WORK INSTRUCTIONS =>
Repeat exactly, please, the opening lines of the data below, through and including the line where "pub mod Reads" sits.

RECORDS SUPPLIED =>
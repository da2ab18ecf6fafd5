-- ===== src/Otc.antt =====
-- Options traded over the counter: services/otc-service.
pub mod State
pub mod Money
pub mod Statements
pub mod Compensation
pub mod Exercise
pub mod Parties
pub mod Columns
pub mod Stages
pub mod Undo
pub mod Reads
pub mod Runs
pub mod Whole
pub mod Balances
pub mod Shares
pub mod Holdings
pub mod Restored
pub mod Recovery
pub mod Recovered
pub mod Refused
mod Tests
pub mod Reverted
pub mod Portfolios
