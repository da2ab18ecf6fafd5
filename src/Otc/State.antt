-- ===== src/Otc/State.antt =====
-- The rows that services/otc-service reads and writes when a contract is exercised:
-- `otc_contracts`, `otc_saga_log` and `otc_saga` (services/otc-service/db/schema.sql),
-- `portfolio_entry` and `tax_record` of portfolio_db, `accounts` of account_db, `listing` of
-- securities_db, and `daily_exchange_rates` of exchange_db with the rates of today. Prices and
-- amounts of money are in millionths; the columns of a saga's errors and times are left out.
use exbanka_4_backend.Shared.Tests.{
  ℕ, Bool, ◌&&◌, List, String, str_eq, ◌==◌, Option, none, some, if◌then◌else◌,
}
use exbanka_4_backend.Shared.Int.{ℤ}
use exbanka_4_backend.Shared.Account.{Account}

-- A contract is for a positive number of shares.
pub record Contract : Type 0 where
  pub id : ℕ
  pub seller_id : ℕ
  pub seller_type : String
  pub buyer_id : ℕ
  pub buyer_type : String
  pub ticker : String
  pub amount : ℕ
  pub strike_price : ℤ
  pub premium : ℤ
  pub currency : String
  pub settlement_date : ℕ
  pub status : String

pub record SagaLog : Type 0 where
  pub contract_id : ℕ
  pub step : ℕ
  pub status : String

pub record Saga : Type 0 where
  pub id : ℕ
  pub contract_id : ℕ
  pub status : String
  pub current_step : ℕ

-- A row of `portfolio_entry`, under its UNIQUE(user_id, user_type, listing_id).
pub record Entry : Type 0 where
  pub user_id : ℕ
  pub user_type : String
  pub listing_id : ℕ
  pub amount : ℤ
  pub buy_price : ℤ
  pub public_amount : ℤ
  pub account_id : ℕ
  pub reserved_amount : ℤ

pub record Listing : Type 0 where
  pub id : ℕ
  pub ticker : String
  pub price : ℤ

pub record MiddleRate : Type 0 where
  pub currency_code : String
  pub middle_rate : ℤ

pub record TaxRecord : Type 0 where
  pub user_id : ℕ
  pub user_type : String
  pub amount_rsd : ℤ
  pub month : ℕ
  pub year : ℕ

pub record Store : Type 0 where
  pub contracts : List Contract
  pub saga_log : List SagaLog
  pub sagas : List Saga
  pub next_saga : ℕ
  pub entries : List Entry
  pub accounts : List Account
  pub listings : List Listing
  pub rates : List MiddleRate
  pub taxes : List TaxRecord

-- The columns of the key of a portfolio entry.
pub record Key : Type 0 where
  pub user_id : ℕ
  pub user_type : String
  pub listing_id : ℕ

abbrev pub has_key : Key → Entry → Bool
has_key k e =
    (e.user_id == k.user_id) && (str_eq e.user_type k.user_type && (e.listing_id == k.listing_id))

abbrev pub contract_has_id : ℕ → Contract → Bool
contract_has_id i c = c.id == i

abbrev pub is_saga_of : ℕ → Saga → Bool
is_saga_of contract g = g.contract_id == contract

abbrev pub has_ticker : String → Listing → Bool
has_ticker t l = str_eq l.ticker t

abbrev pub listing_has_id : ℕ → Listing → Bool
listing_has_id i l = l.id == i

abbrev pub rate_has_code : String → MiddleRate → Bool
rate_has_code c r = str_eq r.currency_code c

-- currencyIDMap
unfoldable pub currency_id_map : String → Option ℕ
currency_id_map c =
    if str_eq c "RSD"
    then some 1
    else if str_eq c "EUR"
    then some 2
    else if str_eq c "CHF"
    then some 3
    else if str_eq c "USD"
    then some 4
    else if str_eq c "GBP"
    then some 5
    else if str_eq c "JPY"
    then some 6
    else if str_eq c "CAD"
    then some 7
    else if str_eq c "AUD"
    then some 8
    else none

-- currencyCodeMap, with Go's empty text for a missing key.
unfoldable pub currency_code_map : ℕ → String
currency_code_map i =
    if i == 1
    then "RSD"
    else if i == 2
    then "EUR"
    else if i == 3
    then "CHF"
    else if i == 4
    then "USD"
    else if i == 5
    then "GBP"
    else if i == 6
    then "JPY"
    else if i == 7
    then "CAD"
    else if i == 8
    then "AUD"
    else ""

-- portfolioUserID: employees share the bank's portfolio and accounts, under user 0.
unfoldable pub portfolio_user_id : ℕ → String → ℕ
portfolio_user_id user_id user_type = if str_eq user_type "EMPLOYEE" then 0 else user_id
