-- ===== src/Otc/Statements.antt =====
-- The statements by which ExerciseContract of services/otc-service/handlers/grpc_server.go changes
-- the saga's rows, the accounts and the portfolios, forward and back.
use exbanka_4_backend.Shared.Tests.{
  ℕ, suc, Bool, ◌&&◌, String, ◌==◌, Option, none, some, List, [], ◌∷◌, ◌++◌, if◌then◌else◌,
}
use exbanka_4_backend.Shared.Int.{ℤ, pos, ◌+ℤ◌, ◌-ℤ◌, leb_ℤ, min_ℤ, max_ℤ}
use exbanka_4_backend.Shared.Table.{update_where, count_where, delete_where}
use exbanka_4_backend.Shared.Account.{
  available_of, balance_of, add_cents, sub_cents, Account, has_id, credit, debit,
}
use exbanka_4_backend.Otc.State.{Saga, Entry, Store, Key, has_key, contract_has_id, is_saga_of}

-- `INSERT INTO otc_saga … RETURNING id`; contract_id is UNIQUE.
unfoldable pub insert_saga : ℕ → Store → Option (ℕ × Store)
insert_saga contract s =
    if count_where (is_saga_of contract) s.sagas == 0
    then some (
      s.next_saga,
      record s {
        sagas =
            s.sagas
            ++ ((record {
              id = s.next_saga;
              contract_id = contract;
              status = "Running";
              current_step = 0;
            })
                ∷ []);
        next_saga = suc s.next_saga;
      },
    )
    else none

-- sagaLog
unfoldable pub add_log : ℕ → ℕ → String → Store → Store
add_log contract step status s = record s {
  saga_log = s.saga_log ++ ((record { contract_id = contract; step = step; status = status }) ∷ []);
}

abbrev pub saga_has_id : ℕ → Saga → Bool
saga_has_id i g = g.id == i

abbrev with_saga_status : String → ℕ → Saga → Saga
with_saga_status status step g = record g { status = status; current_step = step }

-- sagaStatus
unfoldable pub update_saga : ℕ → String → ℕ → Store → Store
update_saga i status step s = record s {
  sagas = update_where (saga_has_id i) (with_saga_status status step) s.sagas;
}

unfoldable pub mark_exercised : ℕ → Store → Store
mark_exercised i s = record s {
  contracts = update_where (contract_has_id i) (λ c. record c { status = "EXERCISED" }) s.contracts;
}

-- Step 1 and its compensation.
abbrev pub has_funds : ℤ → Account → Bool
has_funds x a = leb_ℤ x (available_of a) && leb_ℤ x (balance_of a)

abbrev pub hold : ℤ → Account → Account
hold x a = record a { available_balance = sub_cents a.available_balance x }

abbrev pub release : ℤ → Account → Account
release x a = record a { available_balance = add_cents a.available_balance x }

unfoldable pub reserve_funds : ℕ → ℤ → Store → ℕ × Store
reserve_funds i x s = (
  count_where (λ a. has_id i a && has_funds x a) s.accounts,
  record s { accounts = update_where (λ a. has_id i a && has_funds x a) (hold x) s.accounts },
)

unfoldable pub release_funds : ℕ → ℤ → Store → Store
release_funds i x s = record s { accounts = update_where (has_id i) (release x) s.accounts }

-- Step 2 and its compensation.
abbrev pub has_free : ℤ → Entry → Bool
has_free n e = leb_ℤ n (e.amount -ℤ e.reserved_amount)

abbrev pub reserve : ℤ → Entry → Entry
reserve n e = record e { reserved_amount = e.reserved_amount +ℤ n }

abbrev pub unreserve : ℤ → Entry → Entry
unreserve n e = record e { reserved_amount = max_ℤ (pos 0) (e.reserved_amount -ℤ n) }

unfoldable pub reserve_shares : Key → ℤ → Store → ℕ × Store
reserve_shares k n s = (
  count_where (λ e. has_key k e && has_free n e) s.entries,
  record s { entries = update_where (λ e. has_key k e && has_free n e) (reserve n) s.entries },
)

unfoldable pub release_shares : Key → ℤ → Store → Store
release_shares k n s = record s { entries = update_where (has_key k) (unreserve n) s.entries }

-- Step 3 and its compensation.
abbrev pub pay : ℤ → Account → Account
pay x a = record a { balance = sub_cents a.balance x }

abbrev pub unpay : ℤ → Account → Account
unpay x a = record a { balance = add_cents a.balance x }

unfoldable pub debit_buyer : ℕ → ℤ → Store → Store
debit_buyer i x s = record s { accounts = update_where (has_id i) (pay x) s.accounts }

unfoldable pub refund_buyer : ℕ → ℤ → Store → Store
refund_buyer i x s = record s { accounts = update_where (has_id i) (unpay x) s.accounts }

unfoldable pub credit_seller : ℕ → ℤ → Store → Store
credit_seller i y s = record s { accounts = update_where (has_id i) (credit y) s.accounts }

unfoldable pub debit_seller : ℕ → ℤ → Store → Store
debit_seller i y s = record s { accounts = update_where (has_id i) (debit y) s.accounts }

-- Step 4: the seller's shares, an entry that is used up, the buyer's shares.
abbrev pub deduct : ℤ → Entry → Entry
deduct n e = record e {
  amount = e.amount -ℤ n;
  reserved_amount = max_ℤ (pos 0) (e.reserved_amount -ℤ n);
  public_amount = max_ℤ (pos 0) (min_ℤ e.public_amount (e.amount -ℤ n));
}

unfoldable pub deduct_seller : Key → ℤ → Store → Store
deduct_seller k n s = record s { entries = update_where (has_key k) (deduct n) s.entries }

abbrev pub is_used_up : Key → Entry → Bool
is_used_up k e = has_key k e && leb_ℤ e.amount (pos 0)

unfoldable pub delete_used_up : Key → Store → Store
delete_used_up k s = record s { entries = delete_where (is_used_up k) s.entries }

-- `INSERT … ON CONFLICT (user_id, user_type, listing_id) DO UPDATE SET f`
unfoldable pub upsert : Key → Entry → (Entry → Entry) → List Entry → List Entry
upsert k new f t =
    if count_where (has_key k) t == 0 then t ++ (new ∷ []) else update_where (has_key k) f t

abbrev pub new_entry : Key → ℤ → ℤ → ℕ → ℤ → Entry
new_entry k amount buy_price account reserved = record {
  user_id = k.user_id;
  user_type = k.user_type;
  listing_id = k.listing_id;
  amount = amount;
  buy_price = buy_price;
  public_amount = pos 0;
  account_id = account;
  reserved_amount = reserved;
}

abbrev pub add_amount : ℤ → Entry → Entry
add_amount n e = record e { amount = e.amount +ℤ n }

unfoldable pub upsert_buyer : Key → ℤ → ℤ → ℕ → Store → Store
upsert_buyer k n price account s = record s {
  entries = upsert k (new_entry k n price account (pos 0)) (add_amount n) s.entries;
}

abbrev pub give_back : ℤ → Entry → Entry
give_back n e = record e { amount = e.amount +ℤ n; reserved_amount = e.reserved_amount +ℤ n }

-- What is sent when the buyer's entry could not be written.
unfoldable pub restore_seller : Key → ℤ → Store → Store
restore_seller k n s = record s { entries = update_where (has_key k) (give_back n) s.entries }

-- The compensation of step 4.
unfoldable pub upsert_seller : Key → ℤ → ℕ → Store → Store
upsert_seller k n account s = record s {
  entries = upsert k (new_entry k n (pos 0) account n) (give_back n) s.entries;
}

abbrev pub take_amount : ℤ → Entry → Entry
take_amount n e = record e { amount = e.amount -ℤ n }

unfoldable pub deduct_buyer : Key → ℤ → Store → Store
deduct_buyer k n s = record s { entries = update_where (has_key k) (take_amount n) s.entries }
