-- ===== src/Otc/Columns.antt =====
-- The columns of an account that the statements of services/otc-service/handlers/grpc_server.go move,
-- and move back.
use exbanka_4_backend.Shared.Tests.{◌≡◌, refl, false, sym, ap, ◌∙◌}
use exbanka_4_backend.Shared.Int.{ℤ, ◌+ℤ◌, int_laws}
use exbanka_4_backend.Shared.Cents.{to_cents, is_half_cent, to_cents-add, to_cents-sub}
use exbanka_4_backend.Shared.Account.{Account, credit, debit, add_cents, sub_cents}
use exbanka_4_backend.Otc.Statements.{hold, release, pay, unpay}

undone : (b x : ℤ) → is_half_cent x ≡ false → add_cents (sub_cents b x) x ≡ b
undone b x h = rw (to_cents-add (sub_cents b x) x h, to_cents-sub b x h) (omega int_laws)

redone : (b x : ℤ) → is_half_cent x ≡ false → sub_cents (add_cents b x) x ≡ b
redone b x h = rw (to_cents-sub (add_cents b x) x h, to_cents-add b x h) (omega int_laws)

swapped :
    (b x y : ℤ)
    → is_half_cent x ≡ false
    → is_half_cent y ≡ false
    → add_cents (add_cents b y) x ≡ add_cents (add_cents b x) y
swapped b x y h k =
    to_cents-add (add_cents b y) x h
    ∙ ap (λ c. c +ℤ to_cents x) (to_cents-add b y k)
    ∙ swap b (to_cents x) (to_cents y)
    ∙ sym (ap (λ c. c +ℤ to_cents y) (to_cents-add b x h))
    ∙ sym (to_cents-add (add_cents b x) y k)
  where
    swap : (b c d : ℤ) → b +ℤ d +ℤ c ≡ b +ℤ c +ℤ d
    swap b c d = omega int_laws

-- Amounts that are no half cents can be taken back from the columns that they have moved.
module _ (x : ℤ) (h : is_half_cent x ≡ false) where
  pub release-hold : (a : Account) → release x (hold x a) ≡ a
  release-hold a = rw (undone a.available_balance x h) refl

  pub unpay-pay : (a : Account) → unpay x (pay x a) ≡ a
  unpay-pay a = rw (undone a.balance x h) refl

  pub debit-credit : (a : Account) → debit x (credit x a) ≡ a
  debit-credit a = rw (redone a.balance x h, redone a.available_balance x h) refl

  pub unpay-credit :
      (y : ℤ) → is_half_cent y ≡ false → (a : Account) → unpay x (credit y a) ≡ credit y (unpay x a)
  unpay-credit y k a = rw (swapped a.balance x y h k) refl
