-- ===== src/Otc/Compensation.antt =====
-- What ExerciseContract of services/otc-service/handlers/grpc_server.go has read before its first
-- step, its two closures that write the saga's rows, its four compensations, and the exit of a step
-- that failed. The test hooks that inject faults are off, so the loop around a compensation runs once.
use exbanka_4_backend.Shared.Tests.{ℕ, String, ◌==◌, if◌then◌else◌}
use exbanka_4_backend.Shared.Int.{ℤ, pos}
use exbanka_4_backend.Shared.Float.{Float, of_int}
use exbanka_4_backend.Shared.Database.{Code, Action, ⊤, pure, throw, ◌>>◌}
use exbanka_4_backend.Shared.Sparse.{try_update, retry_exec}
use exbanka_4_backend.Otc.State.{Contract, Store, Key, portfolio_user_id}
use exbanka_4_backend.Otc.Statements.{
  add_log, update_saga, release_funds, release_shares, refund_buyer, debit_seller, delete_used_up,
  upsert_seller, deduct_buyer,
}

-- What the handler has read before its first step, with the saga's id.
pub record Deal : Type 0 where
  pub contract : Contract
  pub listing : ℕ
  pub currency : ℕ
  pub buyer_account : ℕ
  pub to_pay : ℤ
  pub saga : ℕ

-- The account that the seller is paid to, and the amount in its currency.
pub record Payee : Type 0 where
  pub account : ℕ
  pub to_receive : ℤ

abbrev pub shares : Deal → ℤ
shares d = pos d.contract.amount

abbrev pub seller_owner : Contract → ℕ
seller_owner c = portfolio_user_id c.seller_id c.seller_type

abbrev pub buyer_owner : Contract → ℕ
buyer_owner c = portfolio_user_id c.buyer_id c.buyer_type

abbrev pub seller_key : Deal → Key
seller_key d = record {
  user_id = seller_owner d.contract;
  user_type = d.contract.seller_type;
  listing_id = d.listing;
}

abbrev pub buyer_key : Deal → Key
buyer_key d = record {
  user_id = buyer_owner d.contract;
  user_type = d.contract.buyer_type;
  listing_id = d.listing;
}

abbrev pub total_cost : Float → Contract → ℤ
total_cost fl c = fl.mul c.strike_price (of_int c.amount)

unfoldable pub saga_log : Deal → ℕ → String → Action Store ⊤
saga_log d step status = try_update (add_log d.contract.id step status)

unfoldable pub saga_status : Deal → String → ℕ → Action Store ⊤
saga_status d status step =
    if d.saga == 0 then pure tt else try_update (update_saga d.saga status step)

unfoldable pub comp1 : Deal → Action Store ⊤
comp1 d = do retry_exec (release_funds d.buyer_account d.to_pay); saga_log d 1 "COMPENSATED"

unfoldable pub comp2 : Deal → Action Store ⊤
comp2 d = do retry_exec (release_shares (seller_key d) (shares d)); saga_log d 2 "COMPENSATED"

unfoldable pub comp3 : Deal → Payee → Action Store ⊤
comp3 d p = do
  retry_exec (refund_buyer d.buyer_account d.to_pay)
  retry_exec (debit_seller p.account p.to_receive)
  saga_log d 3 "COMPENSATED"

unfoldable pub comp4 : Deal → Payee → Action Store ⊤
comp4 d p = do
  retry_exec (upsert_seller (seller_key d) (shares d) p.account)
  retry_exec (deduct_buyer (buyer_key d) (shares d))
  try_update (delete_used_up (buyer_key d))
  saga_log d 4 "COMPENSATED"

-- The compensations of the steps that were done before the one that failed.
unfoldable pub undo2 : Deal → Action Store ⊤
undo2 d = do comp2 d; comp1 d

unfoldable pub undo3 : Deal → Payee → Action Store ⊤
undo3 d p = do comp3 d p; undo2 d

unfoldable pub undo4 : Deal → Payee → Action Store ⊤
undo4 d p = do comp4 d p; undo3 d p

unfoldable pub compensate : Deal → ℕ → Action Store ⊤ → Code → Action Store ℕ
compensate d step undo code = do
  saga_status d "Compensating" step
  undo
  saga_status d "Compensated" step
  throw code

-- The exit of a step that failed.
unfoldable pub fail_step : Deal → ℕ → Action Store ⊤ → Code → Action Store ℕ
fail_step d step undo code = do saga_log d step "FAILED"; compensate d step undo code
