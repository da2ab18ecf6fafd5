-- ===== src/Otc/Money.antt =====
-- The helpers of services/otc-service/handlers/grpc_server.go that read accounts, listings and rates:
-- findAccount, getAccountCurrencyID, listingIDForTicker, convertAmount and recordOtcTax. A SELECT
-- with LIMIT 1 and no ORDER BY takes the first row of the table.
use exbanka_4_backend.Shared.Tests.{
  ℕ, Bool, ◌&&◌, String, str_eq, ◌==◌, [], ◌∷◌, ◌++◌, if◌then◌else◌,
}
use exbanka_4_backend.Shared.Int.{ℤ, pos, eqb_ℤ}
use exbanka_4_backend.Shared.Table.{find_where}
use exbanka_4_backend.Shared.Float.{Float, of_int}
use exbanka_4_backend.Shared.Account.{Account, has_id}
use exbanka_4_backend.Shared.Database.{
  Action, ⊤, internal, pure, attempt, select_row, row_cases, ◌>>=◌,
}
use exbanka_4_backend.Shared.Sparse.{try_update}
use exbanka_4_backend.Otc.State.{
  TaxRecord, Store, has_ticker, rate_has_code, currency_id_map, currency_code_map,
}

abbrev pub is_active_of : ℕ → Account → Bool
is_active_of owner a = (a.owner_id == owner) && str_eq a.status "ACTIVE"

abbrev pub is_active_in : ℕ → ℕ → Account → Bool
is_active_in owner currency a = is_active_of owner a && (a.currency_id == currency)

-- findAccount
unfoldable pub find_account : ℕ → ℕ → Action Store ℕ
find_account owner currency = do
  a ← select_row (λ s. find_where (is_active_in owner currency) s.accounts) internal
  pure a.id

-- getAccountCurrencyID
unfoldable pub get_account_currency_id : ℕ → Action Store ℕ
get_account_currency_id account = do
  a ← select_row (λ s. find_where (has_id account) s.accounts) internal
  pure a.currency_id

-- listingIDForTicker
unfoldable pub listing_id_for_ticker : String → Action Store ℕ
listing_id_for_ticker ticker = do
  l ← select_row (λ s. find_where (has_ticker ticker) s.listings) internal
  pure l.id

unfoldable pub get_rate : String → Action Store ℤ
get_rate code = if str_eq code "RSD" then pure (of_int 1) else do
  r ← select_row (λ s. find_where (rate_has_code code) s.rates) internal
  pure r.middle_rate

unfoldable pub convert_between : Float → ℤ → String → String → Action Store ℤ
convert_between fl amount from to = do
  from_rate ← get_rate from
  to_rate ← get_rate to
  pure (fl.div (fl.mul amount from_rate) to_rate)

-- convertAmount
unfoldable pub convert_amount : Float → ℤ → ℕ → ℕ → Action Store ℤ
convert_amount fl amount from to =
    if from == to
    then pure amount
    else convert_between fl amount (currency_code_map from) (currency_code_map to)

unfoldable pub add_tax : TaxRecord → Store → Store
add_tax t s = record s { taxes = s.taxes ++ (t ∷ []) }

-- 15 percent of the amount in RSD, unless that is 0.
unfoldable pub insert_tax : Float → ℕ → String → ℕ → ℕ → ℤ → Action Store ⊤
insert_tax fl user_id user_type month year amount_rsd =
    if eqb_ℤ (fl.mul amount_rsd (pos 150000)) (pos 0)
    then pure tt
    else try_update (
        add_tax (record {
          user_id = user_id;
          user_type = user_type;
          amount_rsd = fl.mul amount_rsd (pos 150000);
          month = month;
          year = year;
        }))

unfoldable pub tax_from : Float → ℕ → String → ℤ → ℕ → ℕ → ℕ → Action Store ⊤
tax_from fl user_id user_type taxable month year from = do
  amount_rsd ← attempt (convert_amount fl taxable from 1)
  row_cases amount_rsd (pure tt) (insert_tax fl user_id user_type month year)

-- recordOtcTax
unfoldable pub record_otc_tax : Float → ℕ → String → ℤ → String → ℕ → ℕ → Action Store ⊤
record_otc_tax fl user_id user_type taxable currency month year =
    if str_eq user_type "EMPLOYEE"
    then pure tt
    else row_cases (currency_id_map currency) (pure tt)
        (tax_from fl user_id user_type taxable month year)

EXPECTED ANSWER =>
repository da2ab18ecf6fafd5
-- ===== src/Otc.antt =====
-- Options traded over the counter: services/otc-service.
pub mod State
pub mod Money
pub mod Statements
pub mod Compensation
pub mod Exercise
pub mod Parties
pub mod Columns
pub mod Stages
pub mod Undo
pub mod Reads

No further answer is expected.